• **THE PROBLEM**: Please restate, word for word, the lines below that begin at the one with "run [] c = c" and end at the one with "(arith, read10-InMedium p". Leave out all other lines.

• **DATA EXTRACTS**:

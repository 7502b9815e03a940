-- ===== src/Msc/Run.antt =====
-- Every sequence of events keeps the calls of the logical units within their blocks.
use usbdevice.Base.{
  ℕ, zero, suc, ◌+◌, ◌<◌, ◌≡◌, ◌∙◌, true, refl, ap, subst, List, [], ◌∷◌, arith, leb, get_or,
  Bool-cases, inl, inr,
}
use usbdevice.Device.{Platform, Device, EpRef, get_ep}
use usbdevice.Msc.{
  MscState, command_out, data_out, CommandBlock, LogicalUnit, Msc, MscCtx, be16, be32, word_mod,
}
use usbdevice.Msc.Blocks.{
  send_csw, receive_cbw, in_data, put_sense_code, on_msc, block_addr, transfer_len,
}
use usbdevice.Msc.Commands.{
  process_command, send_response, route_command, verify10, inquiry_command, read_format_capacity,
  test_unit_ready, request_sense, start_stop_unit, prevent_allow_medium_removal, mode_sense6,
  mode_sense10, read_capacity10,
}
use usbdevice.Msc.Transport.{
  out_data, setup_stage, take_command, take_data, close_command, reject_cbw, open_status,
  is_valid_cbw,
}
use usbdevice.Msc.Mount.{init, deinit, for_units, init_unit, deinit_unit}
use usbdevice.Msc.Units.{out_data-lus, in_data-lus, setup_stage-lus, init-lus, deinit-lus}
use usbdevice.Msc.Medium.{
  is_moving, IsSized, InMedium, AllInUnit, read10-InMedium, write10-InMedium,
  process_write-InMedium, in_data-InMedium,
}

-- The callbacks of the class. With an OUT event comes what the driver has received: a command wrapper
-- if one was waited for, or the bytes of a block if one was.
pub data MscEvent : Type 0 where
  out_event : EpRef → CommandBlock → List ℕ → MscEvent
  in_event setup_event init_event deinit_event : MscEvent

abbrev received : MscState → CommandBlock → List ℕ → Msc → Msc
received command_out b bytes i = record i { cbw = b }
received data_out b bytes i = record i { buffer = bytes }
received _ b bytes i = i

module _ (p : Platform) where
  unfoldable pub step : MscEvent → MscCtx → MscCtx
  step (out_event ep b bytes) c = out_data p ep (on_msc (received c.itf.state b bytes) c)
  step in_event c = in_data p c
  step setup_event c = (setup_stage p c).1
  step init_event c = init p c
  step deinit_event c = deinit p c

  -- Before each event the device is changed at will: by the host, by the driver and by the other
  -- interfaces.
  unfoldable pub run : List (MscEvent × Device) → MscCtx → MscCtx
  run [] c = c
  run ((e, d) ∷ es) c = run es (step e (record c { dev = d }))

  -- A command for one of these units, whose block address and length do not wrap around.
  abbrev pub Fits : (ℕ → LogicalUnit) → MscEvent → Type 0
  Fits lus (out_event ep b bytes) = IsSized (lus b.lun) × (be32 b.cb 2 + be16 b.cb 7 < word_mod)
  Fits lus _ = Unit

  abbrev pub AllFit : (ℕ → LogicalUnit) → List (MscEvent × Device) → Type 0
  AllFit lus [] = Unit
  AllFit lus ((e, d) ∷ es) = Fits lus e × AllFit lus es

  route_command-InMedium :
      (op : ℕ) (c : MscCtx)
      → c.itf.state ≡ command_out
      → block_addr c.itf + transfer_len c.itf < word_mod
      → InMedium c.itf
      → InMedium (route_command p op c).1.itf
  unfolding route_command verify10 inquiry_command read_format_capacity test_unit_ready
      request_sense start_stop_unit prevent_allow_medium_removal mode_sense6 mode_sense10
      read_capacity10 put_sense_code
  route_command-InMedium op c s w v =
      ground
        (arith, read10-InMedium p c (ap is_moving s) w v, write10-InMedium p c (ap is_moving s) w v)

  send_response-InMedium : (v : ℕ × MscCtx) → InMedium v.1.itf → InMedium (send_response p v).itf
  unfolding send_response
  send_response-InMedium (len, c) v = ground arith

  close_command-InMedium : (c : MscCtx) → InMedium c.itf → InMedium (close_command p c).itf
  unfolding close_command send_csw receive_cbw
  close_command-InMedium c v = ground arith

  take_command-InMedium :
      (len : ℕ) (c : MscCtx)
      → c.itf.state ≡ command_out
      → block_addr c.itf + transfer_len c.itf < word_mod
      → InMedium c.itf
      → InMedium (take_command p len c).itf
  unfolding take_command process_command reject_cbw open_status put_sense_code
  take_command-InMedium len c s w v =
      let o = on_msc open_status c in
      let op = get_or o.itf.cbw.cb 0 0 in
      let opened : InMedium o.itf = ground arith in
      elim (Bool-cases (is_valid_cbw len c.itf)) [
        | inl e ↦ rw e (
            close_command-InMedium _
              (send_response-InMedium _ (route_command-InMedium op o s w opened)))
        | inr e ↦ rw e (ground arith)
      ]

  take_data-InMedium :
      (c : MscCtx) → is_moving c.itf.state ≡ true → InMedium c.itf → InMedium (take_data p c).itf
  unfolding take_data send_csw receive_cbw
  take_data-InMedium c s v = ground (arith, process_write-InMedium p c s v)

  out_data-InMedium :
      (s : MscState) (ep : EpRef) (c : MscCtx)
      → c.itf.state ≡ s
      → (c.itf.state ≡ command_out → block_addr c.itf + transfer_len c.itf < word_mod)
      → InMedium c.itf
      → InMedium (out_data p ep c).itf
  unfolding out_data send_csw receive_cbw
  out_data-InMedium command_out ep c s w v =
      ground (arith, take_command-InMedium (get_ep ep c.dev).transfer_length c s (w s) v)
  out_data-InMedium data_out ep c s w v = ground (arith, take_data-InMedium c)
  out_data-InMedium _ ep c s w v = ground arith

  received-InMedium :
      (s : MscState) (b : CommandBlock) (bytes : List ℕ) (i : Msc)
      → i.state ≡ s
      → IsSized (i.lus b.lun)
      → InMedium i
      → InMedium (received s b bytes i)
  received-InMedium command_out b bytes i e z v = ground arith
  received-InMedium data_out b bytes i e z v = ground arith
  received-InMedium _ b bytes i e z v = v

  received_fits :
      (s : MscState) (b : CommandBlock) (bytes : List ℕ) (i : Msc)
      → i.state ≡ s
      → be32 b.cb 2 + be16 b.cb 7 < word_mod
      → (received s b bytes i).state ≡ command_out
      → block_addr (received s b bytes i) + transfer_len (received s b bytes i) < word_mod
  received_fits command_out b bytes i e w h = w
  received_fits _ b bytes i e w h = ground arith

  for_units-InMedium :
      (body : ℕ → Msc → Msc)
      → ((lun : ℕ) (i : Msc) → InMedium i → InMedium (body lun i))
      → (fuel lun : ℕ) (i : Msc) → InMedium i
      → InMedium (for_units body fuel lun i)
  unfolding for_units
  for_units-InMedium body keep zero lun i v = v
  for_units-InMedium body keep (suc fuel) lun i v = elim (Bool-cases (leb lun i.max_lun)) [
    | inl e ↦ rw e (for_units-InMedium body keep fuel (lun + 1) (body lun i) (keep lun i v))
    | inr e ↦ rw e v
  ]

  init_unit-InMedium : (lun : ℕ) (i : Msc) → InMedium i → InMedium (init_unit lun i)
  unfolding init_unit
  init_unit-InMedium lun i v = ground arith

  deinit_unit-InMedium : (lun : ℕ) (i : Msc) → InMedium i → InMedium (deinit_unit lun i)
  unfolding deinit_unit
  deinit_unit-InMedium lun i v = ground arith

  init-InMedium : (c : MscCtx) → InMedium c.itf → InMedium (init p c).itf
  unfolding init receive_cbw
  init-InMedium c v = for_units-InMedium init_unit init_unit-InMedium 256 0 _ (ground arith)

  deinit-InMedium : (c : MscCtx) → InMedium c.itf → InMedium (deinit p c).itf
  unfolding deinit
  deinit-InMedium c v = for_units-InMedium deinit_unit deinit_unit-InMedium 256 0 _ v

  setup-InMedium : (c : MscCtx) → InMedium c.itf → InMedium (setup_stage p c).1.itf
  unfolding setup_stage
  setup-InMedium c v = ground arith

  received-lus :
      (s : MscState) (b : CommandBlock) (bytes : List ℕ) (i : Msc)
      → (received s b bytes i).lus ≡ i.lus
  received-lus command_out b bytes i = refl
  received-lus data_out b bytes i = refl
  received-lus _ b bytes i = refl

  step-lus : (e : MscEvent) (c : MscCtx) → (step e c).itf.lus ≡ c.itf.lus
  unfolding step
  step-lus (out_event ep b bytes) c = out_data-lus p ep _ ∙ received-lus c.itf.state b bytes c.itf
  step-lus in_event c = in_data-lus p c
  step-lus setup_event c = setup_stage-lus p c
  step-lus init_event c = init-lus p c
  step-lus deinit_event c = deinit-lus p c

  step-InMedium :
      (e : MscEvent) (c : MscCtx) → Fits c.itf.lus e → InMedium c.itf → InMedium (step e c).itf
  unfolding step
  step-InMedium (out_event ep b bytes) c f v =
      let s = c.itf.state in
      out_data-InMedium (received s b bytes c.itf).state ep (on_msc (received s b bytes) c) refl
        (received_fits s b bytes c.itf refl f.1) (received-InMedium s b bytes c.itf refl f.0 v)
  step-InMedium in_event c f v = in_data-InMedium p c v
  step-InMedium setup_event c f v = setup-InMedium c v
  step-InMedium init_event c f v = init-InMedium c v
  step-InMedium deinit_event c f v = deinit-InMedium c v

  -- Whatever the host sends and in whatever order, and whatever the logical units answer: the class has
  -- them read and write their own blocks only. (For commands whose block address and length do not wrap
  -- around in 32 bits, and units whose sizes in bytes fit in 32 bits.)
  pub run-InMedium :
      (es : List (MscEvent × Device)) (c : MscCtx)
      → AllFit c.itf.lus es
      → InMedium c.itf
      → AllInUnit c.itf.lus (run es c).itf.log
  unfolding run
  run-InMedium [] c f v = v.inside
  run-InMedium ((e, d) ∷ es) c f v =
      let before = record c { dev = d } in
      let next = step e before in
      let same : next.itf.lus ≡ c.itf.lus = step-lus e before in
      let rest = run-InMedium es next (rw same f.1) (step-InMedium e before f.0 v) in
      subst (λ lus. AllInUnit lus (run es next).itf.log) same rest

• **EXERCISE ANSWER**:
  run [] c = c
  run ((e, d) ∷ es) c = run es (step e (record c { dev = d }))

  -- A command for one of these units, whose block address and length do not wrap around.
  abbrev pub Fits : (ℕ → LogicalUnit) → MscEvent → Type 0
  Fits lus (out_event ep b bytes) = IsSized (lus b.lun) × (be32 b.cb 2 + be16 b.cb 7 < word_mod)
  Fits lus _ = Unit

  abbrev pub AllFit : (ℕ → LogicalUnit) → List (MscEvent × Device) → Type 0
  AllFit lus [] = Unit
  AllFit lus ((e, d) ∷ es) = Fits lus e × AllFit lus es

  route_command-InMedium :
      (op : ℕ) (c : MscCtx)
      → c.itf.state ≡ command_out
      → block_addr c.itf + transfer_len c.itf < word_mod
      → InMedium c.itf
      → InMedium (route_command p op c).1.itf
  unfolding route_command verify10 inquiry_command read_format_capacity test_unit_ready
      request_sense start_stop_unit prevent_allow_medium_removal mode_sense6 mode_sense10
      read_capacity10 put_sense_code
  route_command-InMedium op c s w v =
      ground
        (arith, read10-InMedium p c (ap is_moving s) w v, write10-InMedium p c (ap is_moving s) w v)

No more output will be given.